Sekilas Pandang di Kota London

oleh

Look at the stars,

Look how they shine for you,

And everything you do,

Yeah, they were all yellow

(Yellow – by Coldplay)

DSC_0467

Puji Tuhan… Akhirnya aku menapaki kota ini. London. Mataku berbinar setiap melihat icon kota ini. Telingaku memberikan sinyal empat setiap mendengar namanya disebut. Ini adalah kota mimpiku sejak berusia 10 tahun. Rahasia yang kusimpan rapat sejak kecil dan tidak akan pernah aku ceritakan kepada siapapun sampai aku berhasil meraihnya. Aku malu kalau tidak berhasil. Semua mimpi ini berawal dari kesenanganku membaca Lima Sekawan (Enid Blyton), Malory Towers (Enid Blyton) dan Sherlock Holmes (Sir Arthur Conan Doyle).

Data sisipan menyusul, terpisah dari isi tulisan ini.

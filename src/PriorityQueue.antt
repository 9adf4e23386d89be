-- ===== src/PriorityQueue.antt =====
-- include/quicr/detail/priority_queue.h: time queues by priority and group.
-- Every method holds `mutex_` for its whole body, so a method is one step; `now` is what the tick
-- service reports in it. Both maps are lists sorted by key. A time queue is shared by nothing else
-- while it is in the map, and by the list of free ones alone after that.
pub mod Choice
pub mod Each
pub mod Invariant
pub mod Keys
pub mod Order
pub mod Operations
mod Tests
use libquicr.Prelude.{
  ℕ, zero, suc, ◌+◌, ◌-◌, Bool, true, false, ◌||◌, ◌&&◌, not, Option, none, some, List, [], ◌∷◌,
  ◌++◌, Outcome, ok, throws, undefined, unfinished, Exception, ◌>>=◌, ltb, ◌==◌, if◌then◌else◌,
  length, is_nil,
}
use libquicr.Cache.Map.{lookup, assign, erase}
use libquicr.TimeQueue.{
  TimeQueue, Element, new as new_timed, push as push_timed, front as front_timed, pop as pop_timed,
  pop_front as pop_front_timed, clear as clear_timed, empty as empty_timed,
}

abbrev pub Groups : Type 0 → Type 0
Groups A = List (ℕ × TimeQueue A)

pub record PriorityQueue (A : Type 0) : Type 0 where
  pub duration : ℕ
  pub interval : ℕ
  pub queues : List (ℕ × Groups A)
  pub free : List (TimeQueue A)

abbrev pub min_free : ℕ
min_free = 2

abbrev pub max_free : ℕ
max_free = 10

module _ {A : Type 0} where
  abbrev pub add_free : ℕ → PriorityQueue A → Outcome (PriorityQueue A)
  add_free zero q = ok q
  add_free (suc n) q =
      new_timed q.duration q.interval >>= (λ t. add_free n (record q { free = q.free ++ (t ∷ []) }))

  -- `InitFreeTimeQueues`
  unfoldable pub init_free : PriorityQueue A → Outcome (PriorityQueue A)
  init_free q = add_free (min_free - length q.free) q

  -- The constructor, with a tick service.
  unfoldable pub new : ℕ → ℕ → Outcome (PriorityQueue A)
  new duration interval =
      init_free (record { duration = duration; interval = interval; queues = []; free = [] })

  abbrev or_nil : Option (Groups A) → Groups A
  or_nil none = []
  or_nil (some groups) = groups

  -- `queues_[priority]`
  abbrev pub groups_of : ℕ → PriorityQueue A → Groups A
  groups_of priority q = or_nil (lookup priority q.queues)

  abbrev pub put : ℕ → ℕ → TimeQueue A → PriorityQueue A → PriorityQueue A
  put priority group t q = record q {
    queues = assign priority (assign group t (groups_of priority q)) q.queues;
  }

  -- `free_tqueues_.back()` and what `pop_back` leaves.
  abbrev pub take_back : List (TimeQueue A) → Option (List (TimeQueue A) × TimeQueue A)
  take_back [] = none
  take_back (t ∷ []) = some ([], t)
  take_back (t ∷ u ∷ ts) = elim (take_back (u ∷ ts)) [ none ↦ none | some r ↦ some (t ∷ r.0, r.1) ]

  -- `GetQueueByPriorityGroupId` for a group that is not there.
  unfoldable pub add_group : ℕ → ℕ → PriorityQueue A → Outcome (PriorityQueue A × TimeQueue A)
  add_group priority group q = elim (take_back q.free) [
    | none ↦
        new_timed q.duration q.interval
        >>= (λ t. init_free (put priority group t q) >>= (λ q'. ok (q', t)))
    | some r ↦ ok (put priority group r.1 (record q { free = r.0 }), r.1)
  ]

  -- `GetQueueByPriorityGroupId`
  unfoldable pub get_queue : ℕ → ℕ → PriorityQueue A → Outcome (PriorityQueue A × TimeQueue A)
  get_queue priority group q = elim (lookup group (groups_of priority q)) [
    | none ↦ add_group priority group q
    | some t ↦ ok (q, t)
  ]

  -- The queue after `Push`, and what it threw: a group that it added stays.
  abbrev pub pushed :
      ℕ → ℕ → PriorityQueue A → Outcome (TimeQueue A) → Outcome (PriorityQueue A × Option Exception)
  pushed priority group q (ok t) = ok (put priority group t q, none)
  pushed priority group q (throws e) = ok (q, some e)
  pushed priority group q undefined = undefined
  pushed priority group q unfinished = unfinished

  -- `Push(group_id, value, ttl, priority, delay_ttl)`
  unfoldable pub push :
      ℕ → A → ℕ → ℕ → ℕ → ℕ → PriorityQueue A → Outcome (PriorityQueue A × Option Exception)
  push group value ttl priority delay_ttl now q =
      get_queue priority group q
      >>= (λ r. pushed priority group r.0 (push_timed value ttl delay_ttl now r.1))

  -- One priority's loop in `Front` and `PopFront`, `method` being the time queue's: the groups, the
  -- element, the groups to remove, and whether the method returned in it.
  abbrev pub visit_groups :
      (Element A → TimeQueue A → TimeQueue A × Element A)
      → Element A
      → Groups A
      → Groups A × Element A × List ℕ × Bool
  visit_groups method elem [] = ([], elem, [], false)
  visit_groups method elem ((group, t) ∷ groups) =
      let r = method elem t in
      let rest = visit_groups method r.1 groups in
      if r.1.has_value
      then (
        (group, r.0) ∷ groups,
        r.1,
        (if empty_timed r.0 || not (r.1.expired_count == 0) then group ∷ [] else []),
        true,
      )
      else ((group, r.0) ∷ rest.0, rest.1, group ∷ rest.2, rest.3)

  abbrev pub visit_queues :
      (Element A → TimeQueue A → TimeQueue A × Element A)
      → Element A
      → List (ℕ × Groups A)
      → List (ℕ × Groups A) × Element A × List (ℕ × List ℕ)
  visit_queues method elem [] = ([], elem, [])
  visit_queues method elem ((priority, groups) ∷ queues) =
      let v = visit_groups method elem groups in
      let rest = visit_queues method v.1 queues in
      if v.3
      then ((priority, v.0) ∷ queues, v.1, (priority, v.2) ∷ [])
      else ((priority, v.0) ∷ rest.0, rest.1, (priority, v.2) ∷ rest.2)

  unfoldable pub remove_group : ℕ → ℕ → PriorityQueue A → PriorityQueue A
  remove_group priority group q = elim (lookup group (groups_of priority q)) [
    | none ↦ q
    | some t ↦ record q {
      free = if ltb (length q.free) max_free then q.free ++ (clear_timed t ∷ []) else q.free;
      queues = assign priority (erase group (groups_of priority q)) q.queues;
    }
  ]

  -- `RemoveGroupTimeQueue`, both of them.
  abbrev pub remove_groups : ℕ → List ℕ → PriorityQueue A → PriorityQueue A
  remove_groups priority [] q = q
  remove_groups priority (group ∷ groups) q =
      remove_groups priority groups (remove_group priority group q)

  abbrev pub remove_all : List (ℕ × List ℕ) → PriorityQueue A → PriorityQueue A
  remove_all [] q = q
  remove_all ((priority, groups) ∷ more) q = remove_all more (remove_groups priority groups q)

  abbrev pub visit :
      (Element A → TimeQueue A → TimeQueue A × Element A)
      → Element A
      → PriorityQueue A
      → PriorityQueue A × Element A
  visit method elem q =
      let v = visit_queues method (record elem { has_value = false; expired_count = 0 }) q.queues in
      (remove_all v.2 (record q { queues = v.0 }), v.1)

  -- `Front(elem)` and `PopFront(elem)`
  unfoldable pub front : ℕ → Element A → PriorityQueue A → PriorityQueue A × Element A
  front now elem q = visit (λ elem t. front_timed now elem t) elem q

  unfoldable pub pop_front : ℕ → Element A → PriorityQueue A → PriorityQueue A × Element A
  pop_front now elem q = visit (λ elem t. pop_front_timed now elem t) elem q

  abbrev pub pop_groups : Groups A → Groups A × List ℕ × Bool
  pop_groups [] = ([], [], false)
  pop_groups ((group, t) ∷ groups) =
      let rest = pop_groups groups in
      if empty_timed t then ((group, t) ∷ rest.0, group ∷ rest.1, rest.2) else (
        (group, pop_timed t) ∷ groups,
        (if empty_timed (pop_timed t) then group ∷ [] else []),
        true,
      )

  -- What is to be removed is cleared at each priority, so `ids` are the last one's.
  abbrev pub pop_queues :
      List (ℕ × List ℕ) → List (ℕ × Groups A) → List (ℕ × Groups A) × List (ℕ × List ℕ)
  pop_queues ids [] = ([], ids)
  pop_queues ids ((priority, groups) ∷ queues) =
      let v = pop_groups groups in
      let rest = pop_queues ((priority, v.1) ∷ []) queues in
      if v.2
      then ((priority, v.0) ∷ queues, (priority, v.1) ∷ [])
      else ((priority, v.0) ∷ rest.0, rest.1)

  -- `Pop()`
  unfoldable pub pop : PriorityQueue A → PriorityQueue A
  pop q = let v = pop_queues [] q.queues in remove_all v.1 (record q { queues = v.0 })

  unfoldable pub clear : PriorityQueue A → Outcome (PriorityQueue A)
  clear q = init_free (record q { queues = [] })

  abbrev all_empty : List (ℕ × Groups A) → Bool
  all_empty [] = true
  all_empty ((priority, groups) ∷ queues) = is_nil groups && all_empty queues

  unfoldable pub empty : PriorityQueue A → Bool
  empty q = all_empty q.queues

Kota ini penuh dengan energi. Mobil-mobil lalu lalang dimalam hari serasa menghidupkan suara musik mereka dengan keras seakan ingin mengatakan pada dunia. Haiii… inilah musikku! Mana Musikmu? Loh, kok jadi seperti sebuah iklan di televisi. Musik mereka berdentum sangat keras dari dalam mobil sehingga badanku bergoyang ke kiri dan ke kanan sambil menggerakkan tanganku ke atas mengikuti alunan musik semi disko yang menempel di telingaku. Asyik sekali, aku terhanyut. Aku menikmati musik mereka.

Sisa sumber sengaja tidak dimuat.